María José, al ver a los vecinos, reparó en que algunos leían, tomaban el sol, charlaban con sus acompañantes, oían la radio, hacían flexiones… Hasta vio a una pareja que se besaba, rompiendo de forma dulcemente heroica las prohibiciones. Apenas vio nada más porque, inesperadamente, como un prodigio, apareció refulgente, jubiloso, añil a esa hora del día en que son puros los colores, hermosísimo en su lejanía… el mar. ¿Era el mar? Nunca lo había visto antes desde ese lugar. ¿Cómo era eso posible?
—Fíjate, Felipe, con tantas veces que he subido a tender la ropa. Me quedé perpleja.
Le contesto que, quizás, no es cuestión de que haya mejorado su visión. Que el mar siempre ha estado ahí, como está la contaminación que mata más que el Covid-19, tan mediático. Tal vez la suciedad del aire que llega a nuestros pulmones le impedía esa visión tan idílica.
Leo que la Tierra registrará este año la mayor caída de la historia en emisiones de CO2. ¿Podremos, si esto acaba alguna vez, seguir viendo la línea del horizonte del mar y más allá? ¿Seguiremos viendo jaramagos, pinsapos, lagartos, gorriones o abejas, que están ya al borde de la extinción? Apenas se ven ya mariposas.
«Qué triste es todo esto», me dice.
También me informan medios digitales que últimamente ha llovido profusamente en Barcelona, más de 200 litros por metro cuadrado, con lo que este mes se ha convertido en el más lluvioso en los 107 años que llevamos recogiendo datos. ¡Me entero por los periódicos que ha llovido tanto! Entonces, por primera vez, siento miedo en el confinamiento.
Ahora tanto abril y tanta lluvia / forman riachuelos que cruzan la ciudad / y llegan a tu casa. / Para que sepas que te busco / en este amanecer ingrato para decirte / que oigo tus latidos y tu nombre; / apenas unas sílabas que deslumbran, / que atascan los calendarios. / Que todo debe ser lo que llaman esperanza / que retiene los relámpagos / cuando la lluvia y yo vamos a buscarte.

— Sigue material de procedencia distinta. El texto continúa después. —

-- ===== src/Backend/Sma/Ledger.antt =====
-- The devices and the attached volumes of an agent, by a record of the requests that went through.
-- A creation or an attachment that fails is taken to leave nothing behind.
use spdk_csi.Prelude.{◌≡◌, ◌≢◌, Bool, true, false, not, Option, none, some, List, [], ◌∷◌}
use spdk_csi.Text.{Str, str_eq}
use spdk_csi.Effect.{Outcome, ok, err, panic}
use spdk_csi.Effect.Triple.{Ends}
use spdk_csi.Backend.Opi.Ledger.{remove, named}
use spdk_csi.Backend.Sma.{CreateDeviceRequest, DetachVolumeRequest, Agent, SmaCommon}

pub data Entry : Type 0 where
  created deleted : (handle : Str) → Entry
  attached detached : (volume : Option Str) → Entry

abbrev pub Log : Type 0
Log = List Entry

unfoldable pub devices : Log → List Str
devices [] = []
devices (created h ∷ l) = h ∷ devices l
devices (deleted h ∷ l) = remove h (devices l)
devices (_ ∷ l) = devices l

-- The volumes; nil is no volume.
unfoldable pub volumes : Log → List Str
volumes [] = []
volumes (attached (some v) ∷ l) = v ∷ volumes l
volumes (detached (some v) ∷ l) = remove v (volumes l)
volumes (_ ∷ l) = volumes l

module _ {W A : Type 0} where
  -- A response is noted, an error is not.
  abbrev pub note : (A → Log) → Outcome (Option A) → W → Log → Outcome (Option A) × (W × Log)
  note entry (ok (some a)) w l = (ok (some a), (w, entry a))
  note entry (ok none) w l = (ok none, (w, l))
  note entry (err e) w l = (err e, (w, l))
  note entry panic w l = (panic, (w, l))

module _ {W : Type 0} where
  abbrev pub recorded : Agent W → Agent (W × Log)
  recorded a = record {
    create = λ q (w, l). let (r, w') = a.create q w in note (λ h. created h ∷ l) r w' l;
    attach = λ q (w, l).
        let (r, w') = a.attach q w in note (λ _. attached q.volume.volume_id ∷ l) r w' l;
    detach = λ q (w, l). let (r, w') = a.detach q w in note (λ _. detached q.volume_id ∷ l) r w' l;
    delete = λ h (w, l). let (r, w') = a.delete h w in note (λ _. deleted h ∷ l) r w' l;
  }

-- What is relied on: every device has a handle, and a removal fails only when `Refused` holds.
pub record Assumptions {W : Type 0} (agent : Agent W) (Refused : Type 0) : Type 0 where
  pub names_devices :
      (q : CreateDeviceRequest) (w : W)
      → Ends (λ r _. (h : Str) × (r ≡ some h) × (h ≢ [])) (λ _ _. Unit) (agent.create q w)
  pub detaches :
      (q : DetachVolumeRequest) (w : W)
      → Ends (λ r _. r ≡ some tt) (λ _ _. Refused) (agent.detach q w)
  pub deletes : (h : Str) (w : W) → Ends (λ r _. r ≡ some tt) (λ _ _. Refused) (agent.delete h w)

module _ {W : Type 0} where
  -- Whether the object names a device, the volume that it names, and the volumes that are attached.
  -- The agent has the device that is named and no other.
  pub record At (made : Bool) (volume : Option Str) (vs : List Str) (s : SmaCommon (W × Log))
      : Type 0 where
    pub handle_test : str_eq s.device_handle [] ≡ not made
    pub volume_is : s.volume_id ≡ volume
    pub devices_are : devices s.world.1 ≡ named s.device_handle
    pub volumes_are : volumes s.world.1 ≡ vs

  abbrev pub Fresh : SmaCommon (W × Log) → Type 0
  Fresh s = (v : Str) × At false (some v) [] s

  abbrev pub Up : SmaCommon (W × Log) → Type 0
  Up s = (v : Str) × At true (some v) (v ∷ []) s

  abbrev pub Gone : SmaCommon (W × Log) → Type 0
  Gone s = (v : Option Str) × At false v [] s

  -- A device with no volume, which is how a virtio-blk device is made.
  abbrev pub Bare : SmaCommon (W × Log) → Type 0
  Bare s = (v : Option Str) × At true v [] s

  -- What a call may leave behind.
  pub data Held (s : SmaCommon (W × Log)) : Type 0 where
    none_left : Gone s → Held s
    device_left : Bare s → Held s
    volume_left : Up s → Held s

En el mundo exterior, sigue un mar casi clandestino, personas queridas, plantas y animales que sobreviven. Y la primavera, que no sabe de prohibiciones, se rige por leyes cósmicas y sigue hermoseando como si nada.

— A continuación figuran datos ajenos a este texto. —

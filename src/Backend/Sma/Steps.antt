-- ===== src/Backend/Sma/Steps.antt =====
-- The methods of `smaCommon` on the record of its devices and volumes.
use spdk_csi.Prelude.{◌≡◌, ◌≢◌, refl, ap, ◌∙◌, true, false, Option, none, some, List, [], ◌∷◌}
use spdk_csi.Text.{Str, str_eq}
use spdk_csi.Text.Laws.{str_eq_iff}
use spdk_csi.Effect.{Error, Outcome, ok, err, panic, on_error, ◌>>=◌}
use spdk_csi.Effect.Triple.{Ends, Triple}
use spdk_csi.Target.Nvmf.{Map}
use spdk_csi.Backend.Opi.Ledger.{remove, named, remove-named}
use spdk_csi.Backend.Sma.{
  CreateDeviceRequest, AttachVolumeRequest, DetachVolumeRequest, Agent, SmaCommon, on_agent,
  keep_handle, answered, set_volume, set_handle, create_device, attach_volume, detach_volume,
  delete_device, attach_request,
}
use spdk_csi.Backend.Sma.Ledger.{
  created, deleted, attached, detached, Log, devices, volumes, note, recorded, Assumptions, At,
}

not_none {ℓ} : {A : Type ℓ} {a : A} → none ≡ some a → ⊥
not_none e = cc

no_handle :
    {W : Type 0} {v : Option Str} {vs : List Str} {s : SmaCommon (W × Log)}
    → At false v vs s
    → devices s.world.1 ≡ []
no_handle {s = s} a = a.devices_are ∙ ap named ((str_eq_iff s.device_handle []).0 a.handle_test)

module _ {W : Type 0} (agent : Agent W) (volume_context : Map) {vs : List Str} where
  create-Ends :
      (v : Option Str) (f : Error → Error) (r : Outcome (Option Str)) (w : W)
      (s : SmaCommon (W × Log))
      → At false v vs s
      → Ends (λ r' _. (h : Str) × (r' ≡ some h) × (h ≢ [])) (λ _ _. Unit) (r, w)
      → Ends
          (λ _ t. At true v vs t)
          (λ _ t. At false v vs t)
          ((on_error f (on_agent (λ (_ : W × Log). note (λ h. created h ∷ s.world.1) r w s.world.1))
              >>= keep_handle (recorded agent) volume_context)
            s)
  unfolding devices volumes str_eq
  create-Ends v f (ok (some [])) w s a (h, e, ne) = absurd (ne (cc))
  create-Ends v f (ok (some (c ∷ h))) w s a x = record {
    handle_test = refl;
    volume_is = a.volume_is;
    devices_are = ap (◌∷◌ (c ∷ h)) (no_handle a);
    volumes_are = a.volumes_are;
  }
  create-Ends v f (ok none) w s a (h, e, ne) = absurd (not_none e)
  create-Ends v f (err e) w s a x = record {
    handle_test = a.handle_test;
    volume_is = a.volume_is;
    devices_are = a.devices_are;
    volumes_are = a.volumes_are;
  }
  create-Ends v f panic w s a x = tt

  attach-Ends :
      (v : Str) (x : Option Str) (f : Error → Error) (what : Str) (r : Outcome (Option (Unit {0})))
      (w : W) (s : SmaCommon (W × Log))
      → x ≡ some v
      → At true (some v) vs s
      → Ends
          (λ _ t. At true (some v) (v ∷ vs) t)
          (λ _ t. At true (some v) vs t)
          ((on_error f
                (on_agent (λ (_ : W × Log). note (λ _. attached x ∷ s.world.1) r w s.world.1))
              >>= answered (recorded agent) volume_context what (set_volume x))
            s)
  unfolding devices volumes
  attach-Ends v x f what (ok (some _)) w s e a = record {
    handle_test = a.handle_test;
    volume_is = e;
    devices_are = a.devices_are;
    volumes_are = rw e (ap (◌∷◌ v) a.volumes_are);
  }
  attach-Ends v x f what (ok none) w s e a = record {
    handle_test = a.handle_test;
    volume_is = a.volume_is;
    devices_are = a.devices_are;
    volumes_are = a.volumes_are;
  }
  attach-Ends v x f what (err _) w s e a = record {
    handle_test = a.handle_test;
    volume_is = a.volume_is;
    devices_are = a.devices_are;
    volumes_are = a.volumes_are;
  }
  attach-Ends v x f what panic w s e a = tt

  module _ (Refused : Type 0) where
    detach-Ends :
        (v : Str) (f : Error → Error) (what : Str) (r : Outcome (Option (Unit {0}))) (w : W)
        (s : SmaCommon (W × Log))
        → At true (some v) vs s
        → Ends (λ r' _. r' ≡ some tt) (λ _ _. Refused) (r, w)
        → Ends
            (λ _ t. At true none (remove v vs) t)
            (λ _ t. At true (some v) vs t × Refused)
            ((on_error f (
                  on_agent
                    (λ (_ : W × Log). note (λ _. detached (some v) ∷ s.world.1) r w s.world.1))
                >>= answered (recorded agent) volume_context what (set_volume none))
              s)
    unfolding devices volumes
    detach-Ends v f what (ok (some _)) w s a x = record {
      handle_test = a.handle_test;
      volume_is = refl;
      devices_are = a.devices_are;
      volumes_are = ap (remove v) a.volumes_are;
    }
    detach-Ends v f what (ok none) w s a x = absurd (not_none x)
    detach-Ends v f what (err e) w s a x = (
      record {
        handle_test = a.handle_test;
        volume_is = a.volume_is;
        devices_are = a.devices_are;
        volumes_are = a.volumes_are;
      },
      x,
    )
    detach-Ends v f what panic w s a x = tt

    delete-Ends :
        (v : Option Str) (f : Error → Error) (what : Str) (r : Outcome (Option (Unit {0}))) (w : W)
        (s : SmaCommon (W × Log))
        → At true v vs s
        → Ends (λ r' _. r' ≡ some tt) (λ _ _. Refused) (r, w)
        → Ends
            (λ _ t. At false v vs t)
            (λ _ t. At true v vs t × Refused)
            ((on_error f (
                  on_agent (λ (_ : W × Log).
                    note (λ _. deleted s.device_handle ∷ s.world.1) r w s.world.1))
                >>= answered (recorded agent) volume_context what (set_handle []))
              s)
    unfolding devices volumes str_eq
    delete-Ends v f what (ok (some _)) w s a x = record {
      handle_test = refl;
      volume_is = a.volume_is;
      devices_are = ap (remove s.device_handle) a.devices_are ∙ remove-named s.device_handle;
      volumes_are = a.volumes_are;
    }
    delete-Ends v f what (ok none) w s a x = absurd (not_none x)
    delete-Ends v f what (err e) w s a x = (
      record {
        handle_test = a.handle_test;
        volume_is = a.volume_is;
        devices_are = a.devices_are;
        volumes_are = a.volumes_are;
      },
      x,
    )
    delete-Ends v f what panic w s a x = tt

module _ {W : Type 0} (agent : Agent W) (volume_context : Map) (Refused : Type 0)
    (safe : Assumptions agent Refused) {vs : List Str} where
  -- `CreateDevice` names the new device, or changes nothing.
  pub create_device-Triple :
      (v : Option Str) (req : CreateDeviceRequest)
      → Triple
          (At false v vs)
          (create_device (recorded agent) volume_context req)
          (λ _ s. At true v vs s)
          (λ _ s. At false v vs s)
  unfolding create_device
  create_device-Triple v req = record {
    at = λ s a.
        create-Ends agent volume_context v _ (agent.create req s.world.0).0
          (agent.create req s.world.0).1 s a (safe.names_devices req s.world.0);
  }

  -- `DetachVolume` of the volume that is named.
  pub detach_volume-Triple :
      (v h : Str)
      → Triple
          (At true (some v) vs)
          (detach_volume
            (recorded agent)
            volume_context
            (record { volume_id = some v; device_handle = h }))
          (λ _ s. At true none (remove v vs) s)
          (λ _ s. At true (some v) vs s × Refused)
  unfolding detach_volume
  detach_volume-Triple v h = record {
    at = λ s a.
        let q : DetachVolumeRequest = record { volume_id = some v; device_handle = h } in
        detach-Ends agent volume_context Refused v _ _ (agent.detach q s.world.0).0
          (agent.detach q s.world.0).1 s a (safe.detaches q s.world.0);
  }

  -- `DeleteDevice` of the device that is named.
  pub delete_device-Triple :
      (v : Option Str)
      → Triple
          (At true v vs)
          (λ s. delete_device (recorded agent) volume_context s.device_handle s)
          (λ _ s. At false v vs s)
          (λ _ s. At true v vs s × Refused)
  unfolding delete_device
  delete_device-Triple v = record {
    at = λ s a.
        delete-Ends agent volume_context Refused v _ _ (agent.delete s.device_handle s.world.0).0
          (agent.delete s.device_handle s.world.0).1 s a (safe.deletes s.device_handle s.world.0);
  }

module _ {W : Type 0} (agent : Agent W) (volume_context : Map) {vs : List Str} where
  -- `AttachVolume` of the volume that is named.
  pub attach_volume-Triple :
      (v : Str)
      → Triple
          (At true (some v) vs)
          (λ s.
            attach_volume
              (recorded agent)
              volume_context
              (attach_request (recorded agent) volume_context s)
              s)
          (λ _ s. At true (some v) (v ∷ vs) s)
          (λ _ s. At true (some v) vs s)
  unfolding attach_volume
  attach_volume-Triple v = record {
    at = λ s a.
        let q : AttachVolumeRequest = attach_request (recorded agent) volume_context s in
        attach-Ends agent volume_context v s.volume_id _ _ (agent.attach q s.world.0).0
          (agent.attach q s.world.0).1 s a.volume_is a;
  }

Por los ausentes, solo nos queda llorar. Y ocupar algún día las calles que habíamos compartido: María Ángeles, Isidro, Esther, África…, estamos con vosotros en ese bucle que llamamos «vida».

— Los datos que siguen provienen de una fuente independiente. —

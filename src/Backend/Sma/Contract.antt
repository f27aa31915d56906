-- ===== src/Backend/Sma/Contract.antt =====
-- What the three initiators of pkg/util/smainitiator.go promise as backends.
use mathlib.Core.Path.{subst}
use spdk_csi.Prelude.{◌≡◌, ◌⊎◌, inl, inr, refl, sym, true, false, Option, none, some, List, [], ◌∷◌}
use spdk_csi.Text.{Str}
use spdk_csi.Text.Laws.{str_eq_refl}
use spdk_csi.Effect.{Error, Exec, pure, raise, ignore, Result, good, bad, ◌>>◌}
use spdk_csi.Effect.Triple.{
  Ends, Triple, Triple-bind, Triple-attempt, Triple-pure, Triple-raise, Triple-ignore,
  Triple-weaken, Triple-strengthen, Triple-on_error, Either,
}
use spdk_csi.Target.Nvmf.{Map}
use spdk_csi.Node.Xpu.{ConnectParams}
use spdk_csi.Backend.Contract.{Stages, Contract}
use spdk_csi.Backend.Opi.Ledger.{remove}
use spdk_csi.Backend.Sma.{
  CreateDeviceRequest, Agent, SmaCommon, attach_or_delete, connect_nvmf_tcp, connect_nvme,
  detach_named, detach_and_delete, disconnect_nvmf_tcp, disconnect_nvme, delete_device,
  create_device, sma_initiator_nvmf_tcp, sma_initiator_nvme,
}
use spdk_csi.Backend.Sma.Ledger.{
  Log, recorded, Assumptions, At, Fresh, Up, Gone, Held, none_left, device_left, volume_left,
}
use spdk_csi.Backend.Sma.Steps.{
  create_device-Triple, attach_volume-Triple, detach_volume-Triple, delete_device-Triple,
}

-- A volume that is attached to a device, and a device with its volume.
abbrev pub attaching_stages : (W Refused : Type 0) → Stages (SmaCommon (W × Log))
attaching_stages W Refused = record {
  Fresh = Fresh;
  Up = Up;
  Gone = Gone;
  Held = Held;
  Refused = Refused;
}

module _ {W : Type 0} (agent : Agent W) (volume_context : Map) (Refused : Type 0)
    (safe : Assumptions agent Refused) where
  -- The end of a connection, once the attachment has been tried.
  finish-Triple :
      (v : Str) (r : Result Unit)
      → Triple
          (Either
            (λ _ s. At {W = W} true (some v) (v ∷ []) s)
            (λ _ s. At {W = W} true (some v) [] s)
            r)
          (elim r [
            | good _ ↦ pure tt
            | bad e ↦ do
              ignore (λ s. delete_device (recorded agent) volume_context s.device_handle s)
              raise e
          ])
          (λ _ s. Up {W = W} s)
          (λ _ s. Held {W = W} s × (Refused ⊎ Fresh {W = W} s))
  finish-Triple v (good _) = Triple-pure tt (λ s h. (v, h))
  finish-Triple v (bad e) =
      Triple-bind {R = λ _ s. Held s × (Refused ⊎ Fresh s)} _ _
        (Triple-ignore _ (
          Triple-strengthen (λ _ s h. (none_left (some v, h), inr (v, h)))
            (Triple-weaken (λ _ s h. (device_left (some v, h.0), inl h.1))
              (delete_device-Triple agent volume_context Refused safe (some v)))))
        λ _. Triple-raise e (λ s h. h)

  connect-Triple :
      (v : Str) (req : CreateDeviceRequest)
      → Triple
          (At false (some v) [])
          (create_device (recorded agent) volume_context req
            >> attach_or_delete (recorded agent) volume_context)
          (λ _ s. Up s)
          (λ _ s. Held s × (Refused ⊎ Fresh s))
  unfolding attach_or_delete
  connect-Triple v req =
      Triple-bind _ _
        (Triple-weaken (λ _ s h. (none_left (some v, h), inr (v, h)))
          (create_device-Triple agent volume_context Refused safe (some v) req))
        λ _.
          Triple-bind _ _ (Triple-attempt _ (attach_volume-Triple agent volume_context v))
            (finish-Triple v)

  delete_last-Triple :
      (v : Option Str)
      → Triple
          (At true v [])
          (λ s. delete_device (recorded agent) volume_context s.device_handle s)
          (λ _ s. Gone s)
          (λ _ s. Held s × Refused)
  delete_last-Triple v =
      Triple-strengthen (λ _ s h. (v, h))
        (Triple-weaken (λ _ s h. (device_left (v, h.0), h.1))
          (delete_device-Triple agent volume_context Refused safe v))

  delete_named-Triple :
      (v : Option Str) (vs : List Str)
      → vs ≡ []
      → Triple
          (At true v vs)
          (λ s. delete_device (recorded agent) volume_context s.device_handle s)
          (λ _ s. Gone s)
          (λ _ s. Held s × Refused)
  delete_named-Triple v vs e = rw e (delete_last-Triple v)

  module _ (f : Str → Str → Error → Error) where
    -- The detachment and the deletion, from what may be left.
    remove_all : (v : Option Str) → Str → Exec (SmaCommon (W × Log)) Unit
    remove_all v h =
        detach_named (recorded agent) volume_context f h v
        >> (λ s. delete_device (recorded agent) volume_context s.device_handle s)

    remove_volume-Triple :
        (v : Str) (vs : List Str) (h : Str)
        → remove v vs ≡ []
        → ((s : SmaCommon (W × Log)) → At true (some v) vs s → Held s)
        → Triple
            (At true (some v) vs)
            (remove_all (some v) h)
            (λ _ s. Gone s)
            (λ _ s. Held s × Refused)
    unfolding remove_all
    remove_volume-Triple v vs h e held =
        Triple-bind {R = λ _ s. At true none (remove v vs) s} _ _
          (Triple-on_error _ _ (
            Triple-weaken (λ _ s x. (held s x.0, x.1))
              (detach_volume-Triple agent volume_context Refused safe v h)))
          λ _. delete_named-Triple none (remove v vs) e

    remove-Bare-Triple :
        (v : Option Str) (h : Str)
        → Triple (At true v []) (remove_all v h) (λ _ s. Gone s) (λ _ s. Held s × Refused)
    unfolding remove_all remove
    remove-Bare-Triple none h = delete_last-Triple none
    remove-Bare-Triple (some v) h =
        remove_volume-Triple v [] h refl (λ s x. device_left (some v, x))

    -- The volume that is removed is the one that the object names.
    from_volume :
        (v : Option Str) (s : SmaCommon (W × Log))
        → s.volume_id ≡ v
        → Ends (λ _ t. Gone t) (λ _ t. Held t × Refused) (remove_all v s.device_handle s)
        → Ends (λ _ t. Gone t) (λ _ t. Held t × Refused) (remove_all s.volume_id s.device_handle s)
    from_volume v s e =
        subst
          (λ (x : Option Str).
            Ends (λ _ t. Gone t) (λ _ t. Held t × Refused) (remove_all x s.device_handle s))
          (sym e)

    detach_and_delete-Ends :
        (s : SmaCommon (W × Log))
        → Held s
        → Ends
            (λ _ t. Gone t)
            (λ _ t. Held t × Refused)
            (detach_and_delete (recorded agent) volume_context f s)
    unfolding remove_all remove
    detach_and_delete-Ends s (none_left (v, a)) = rw a.handle_test (v, a)
    detach_and_delete-Ends s (device_left (v, a)) =
        rw a.handle_test
          (from_volume v s a.volume_is ((remove-Bare-Triple v s.device_handle).at s a))
    detach_and_delete-Ends s (volume_left (v, a)) = rw a.handle_test (
        from_volume (some v) s a.volume_is (
          (remove_volume-Triple v (v ∷ []) s.device_handle (rw (str_eq_refl v) refl)
              (λ s x. volume_left (v, x))).at
            s a))

    -- A disconnection removes what is left, or names what still is.
    detach_and_delete-Triple :
        Triple Held
          (detach_and_delete (recorded agent) volume_context f)
          (λ _ s. Gone s)
          (λ _ s. Held s × Refused)
    detach_and_delete-Triple = record { at = detach_and_delete-Ends }

  connect_nvmf_tcp-Triple :
      (p : ConnectParams)
      → Triple Fresh
          (connect_nvmf_tcp (recorded agent) volume_context p)
          (λ _ s. Up s)
          (λ _ s. Held s × (Refused ⊎ Fresh s))
  unfolding connect_nvmf_tcp
  connect_nvmf_tcp-Triple p = record { at = λ s (v, a). (connect-Triple v _).at s a }

  connect_nvme-Triple :
      (p : ConnectParams)
      → Triple Fresh
          (connect_nvme (recorded agent) volume_context p)
          (λ _ s. Up s)
          (λ _ s. Held s × (Refused ⊎ Fresh s))
  unfolding connect_nvme
  connect_nvme-Triple p = record { at = λ s (v, a). (connect-Triple v _).at s a }

  disconnect_nvmf_tcp-Triple :
      Triple Held
        (disconnect_nvmf_tcp (recorded agent) volume_context)
        (λ _ s. Gone s)
        (λ _ s. Held s × Refused)
  unfolding disconnect_nvmf_tcp
  disconnect_nvmf_tcp-Triple = detach_and_delete-Triple _

  disconnect_nvme-Triple :
      Triple Held
        (disconnect_nvme (recorded agent) volume_context)
        (λ _ s. Gone s)
        (λ _ s. Held s × Refused)
  unfolding disconnect_nvme
  disconnect_nvme-Triple = detach_and_delete-Triple _

  -- Over an agent whose devices have handles, smaInitiatorNvmfTCP and smaInitiatorNvme keep the
  -- contract of a backend: Connect from nothing returns only with a device made and its volume
  -- attached, and when it fails the agent has no device that the initiator does not name, and none
  -- at all unless a removal was refused; Disconnect from whatever is left detaches and deletes all
  -- of it, or fails because a removal was refused and keeps the rest named.
  pub sma_initiators-Contract :
      Contract (attaching_stages W Refused) (sma_initiator_nvmf_tcp (recorded agent) volume_context)
      × Contract (attaching_stages W Refused) (sma_initiator_nvme (recorded agent) volume_context)
  sma_initiators-Contract = (
    record {
      connect_all = connect_nvmf_tcp-Triple;
      disconnect_all = disconnect_nvmf_tcp-Triple;
      Up-Held = λ s. volume_left;
    },
    record {
      connect_all = connect_nvme-Triple;
      disconnect_all = disconnect_nvme-Triple;
      Up-Held = λ s. volume_left;
    },
  )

«Qué triste es todo esto, amiga», le digo.
Lisa, en el film, personifica una conciencia atractiva como mensaje subliminal que nos envía el genio de la cámara y consigue, no podía ser de otra forma, que Jeff por fin deje de mirar. En la última escena este ha cambiado de posición y se le ve de cara a la pared. Ignora la ventana y sonríe casi feliz. Ha salvado la vida.
Tiene ahora las dos piernas escayoladas, cuando al principio tenía una sola, ¿podemos ver alguna semejanza con nuestro confinamiento?
María José, con el cesto de la ropa seca, baja a su casa y apaga al mar tras ella.